⟨
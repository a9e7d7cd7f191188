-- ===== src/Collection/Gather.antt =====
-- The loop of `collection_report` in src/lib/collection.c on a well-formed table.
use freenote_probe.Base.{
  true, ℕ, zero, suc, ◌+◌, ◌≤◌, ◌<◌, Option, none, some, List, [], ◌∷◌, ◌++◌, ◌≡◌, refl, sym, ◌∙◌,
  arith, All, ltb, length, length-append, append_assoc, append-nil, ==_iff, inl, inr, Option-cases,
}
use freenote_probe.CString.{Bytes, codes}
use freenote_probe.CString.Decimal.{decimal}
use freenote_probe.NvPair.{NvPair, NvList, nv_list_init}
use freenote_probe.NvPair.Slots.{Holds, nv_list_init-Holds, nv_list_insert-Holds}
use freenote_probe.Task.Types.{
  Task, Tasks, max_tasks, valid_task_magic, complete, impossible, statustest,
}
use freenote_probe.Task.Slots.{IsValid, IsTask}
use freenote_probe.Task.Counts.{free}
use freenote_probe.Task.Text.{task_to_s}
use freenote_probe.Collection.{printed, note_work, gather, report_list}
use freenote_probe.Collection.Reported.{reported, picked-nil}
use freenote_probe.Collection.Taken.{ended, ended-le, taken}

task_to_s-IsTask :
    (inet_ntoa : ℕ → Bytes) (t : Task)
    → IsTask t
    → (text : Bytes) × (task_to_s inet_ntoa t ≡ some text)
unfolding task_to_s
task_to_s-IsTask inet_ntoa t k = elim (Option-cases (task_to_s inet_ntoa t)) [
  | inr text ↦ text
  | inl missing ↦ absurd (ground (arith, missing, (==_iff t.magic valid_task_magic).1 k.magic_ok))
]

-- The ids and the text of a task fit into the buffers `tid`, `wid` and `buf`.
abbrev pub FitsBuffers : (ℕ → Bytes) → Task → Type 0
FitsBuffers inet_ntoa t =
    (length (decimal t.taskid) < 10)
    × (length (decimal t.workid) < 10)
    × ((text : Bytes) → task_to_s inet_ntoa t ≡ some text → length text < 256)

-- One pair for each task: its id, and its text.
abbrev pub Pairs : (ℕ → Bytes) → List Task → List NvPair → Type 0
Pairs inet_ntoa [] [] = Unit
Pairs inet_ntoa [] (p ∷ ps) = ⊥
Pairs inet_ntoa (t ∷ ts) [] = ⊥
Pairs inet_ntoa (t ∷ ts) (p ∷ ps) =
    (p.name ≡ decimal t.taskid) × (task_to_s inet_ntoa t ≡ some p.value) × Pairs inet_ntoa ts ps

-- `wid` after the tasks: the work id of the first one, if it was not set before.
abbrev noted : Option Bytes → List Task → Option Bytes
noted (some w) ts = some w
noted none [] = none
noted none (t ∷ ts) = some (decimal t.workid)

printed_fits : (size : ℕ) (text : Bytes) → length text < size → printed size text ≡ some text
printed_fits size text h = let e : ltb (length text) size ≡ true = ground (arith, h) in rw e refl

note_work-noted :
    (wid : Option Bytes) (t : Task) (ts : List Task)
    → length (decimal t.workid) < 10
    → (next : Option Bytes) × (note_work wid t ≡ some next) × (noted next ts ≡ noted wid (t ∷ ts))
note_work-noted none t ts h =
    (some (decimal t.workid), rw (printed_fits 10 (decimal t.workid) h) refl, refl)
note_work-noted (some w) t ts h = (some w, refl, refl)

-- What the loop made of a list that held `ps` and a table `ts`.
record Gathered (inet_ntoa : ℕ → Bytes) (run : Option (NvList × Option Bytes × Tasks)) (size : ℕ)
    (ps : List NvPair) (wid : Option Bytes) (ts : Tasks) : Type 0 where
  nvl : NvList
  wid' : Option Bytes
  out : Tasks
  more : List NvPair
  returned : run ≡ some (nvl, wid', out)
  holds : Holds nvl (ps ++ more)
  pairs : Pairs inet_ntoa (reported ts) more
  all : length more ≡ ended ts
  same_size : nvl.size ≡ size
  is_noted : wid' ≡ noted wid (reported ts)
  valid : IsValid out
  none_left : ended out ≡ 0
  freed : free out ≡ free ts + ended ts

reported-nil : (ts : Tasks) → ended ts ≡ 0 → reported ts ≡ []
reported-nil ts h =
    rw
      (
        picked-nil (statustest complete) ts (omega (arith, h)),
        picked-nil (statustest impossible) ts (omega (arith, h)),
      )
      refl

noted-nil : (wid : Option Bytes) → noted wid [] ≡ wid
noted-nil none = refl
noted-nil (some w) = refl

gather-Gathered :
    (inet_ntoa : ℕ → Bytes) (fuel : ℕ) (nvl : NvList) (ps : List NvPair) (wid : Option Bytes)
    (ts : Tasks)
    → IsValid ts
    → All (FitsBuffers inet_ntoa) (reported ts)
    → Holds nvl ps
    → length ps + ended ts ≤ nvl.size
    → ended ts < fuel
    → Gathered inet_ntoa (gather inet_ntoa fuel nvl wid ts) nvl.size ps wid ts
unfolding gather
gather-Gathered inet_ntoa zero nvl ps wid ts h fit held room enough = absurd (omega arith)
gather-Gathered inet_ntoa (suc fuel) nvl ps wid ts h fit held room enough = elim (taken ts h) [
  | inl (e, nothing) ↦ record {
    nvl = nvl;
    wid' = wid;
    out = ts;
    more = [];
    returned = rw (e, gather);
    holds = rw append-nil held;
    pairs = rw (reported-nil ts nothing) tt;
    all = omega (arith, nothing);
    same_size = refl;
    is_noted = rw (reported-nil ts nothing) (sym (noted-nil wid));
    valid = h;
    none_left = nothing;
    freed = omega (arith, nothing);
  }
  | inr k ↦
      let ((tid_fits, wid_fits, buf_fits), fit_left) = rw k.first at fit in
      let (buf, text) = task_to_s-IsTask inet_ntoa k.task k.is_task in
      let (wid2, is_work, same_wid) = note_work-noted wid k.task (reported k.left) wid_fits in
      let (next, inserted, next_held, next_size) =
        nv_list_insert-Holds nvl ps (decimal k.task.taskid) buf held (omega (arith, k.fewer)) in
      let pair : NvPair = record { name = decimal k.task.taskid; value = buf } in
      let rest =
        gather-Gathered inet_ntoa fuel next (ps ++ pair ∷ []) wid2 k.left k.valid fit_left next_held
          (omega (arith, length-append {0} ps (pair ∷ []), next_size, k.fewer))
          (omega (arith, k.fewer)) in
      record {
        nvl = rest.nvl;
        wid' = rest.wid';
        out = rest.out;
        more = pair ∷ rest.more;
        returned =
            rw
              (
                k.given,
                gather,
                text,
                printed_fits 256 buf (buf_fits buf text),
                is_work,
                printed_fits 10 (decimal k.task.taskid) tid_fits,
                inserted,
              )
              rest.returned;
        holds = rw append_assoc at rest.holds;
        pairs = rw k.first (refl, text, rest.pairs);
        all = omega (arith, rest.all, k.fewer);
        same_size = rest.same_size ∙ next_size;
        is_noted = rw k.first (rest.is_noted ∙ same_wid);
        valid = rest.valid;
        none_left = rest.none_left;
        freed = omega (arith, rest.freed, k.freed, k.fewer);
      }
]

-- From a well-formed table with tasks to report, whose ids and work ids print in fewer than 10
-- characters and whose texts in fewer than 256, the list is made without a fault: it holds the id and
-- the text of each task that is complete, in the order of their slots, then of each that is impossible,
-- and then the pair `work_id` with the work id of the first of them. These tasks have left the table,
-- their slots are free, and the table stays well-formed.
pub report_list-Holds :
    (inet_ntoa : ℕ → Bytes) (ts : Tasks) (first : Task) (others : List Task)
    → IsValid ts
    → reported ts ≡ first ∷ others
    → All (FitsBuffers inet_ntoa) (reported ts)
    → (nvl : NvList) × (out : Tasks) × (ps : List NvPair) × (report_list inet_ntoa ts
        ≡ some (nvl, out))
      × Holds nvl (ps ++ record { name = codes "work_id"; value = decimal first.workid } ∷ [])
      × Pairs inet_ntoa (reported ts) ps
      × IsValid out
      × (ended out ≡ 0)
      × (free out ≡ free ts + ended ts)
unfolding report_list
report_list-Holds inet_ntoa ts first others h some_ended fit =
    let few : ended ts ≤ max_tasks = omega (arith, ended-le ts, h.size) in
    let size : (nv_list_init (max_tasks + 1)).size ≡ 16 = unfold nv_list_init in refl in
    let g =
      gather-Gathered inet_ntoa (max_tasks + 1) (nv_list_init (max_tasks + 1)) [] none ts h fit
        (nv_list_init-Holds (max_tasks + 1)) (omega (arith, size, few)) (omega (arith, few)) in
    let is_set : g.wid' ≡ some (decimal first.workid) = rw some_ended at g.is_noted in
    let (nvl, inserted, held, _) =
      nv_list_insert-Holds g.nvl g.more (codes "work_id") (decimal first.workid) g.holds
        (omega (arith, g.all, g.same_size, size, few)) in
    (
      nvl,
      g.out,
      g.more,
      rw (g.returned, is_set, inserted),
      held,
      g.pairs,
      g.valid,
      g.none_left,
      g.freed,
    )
⟩
Read through the material above, and whenever a line contains "codes", copy it.

use freenote_probe.CString.{Bytes, codes}
      × Holds nvl (ps ++ record { name = codes "work_id"; value = decimal first.workid } ∷ [])
      nv_list_insert-Holds g.nvl g.more (codes "work_id") (decimal first.workid) g.holds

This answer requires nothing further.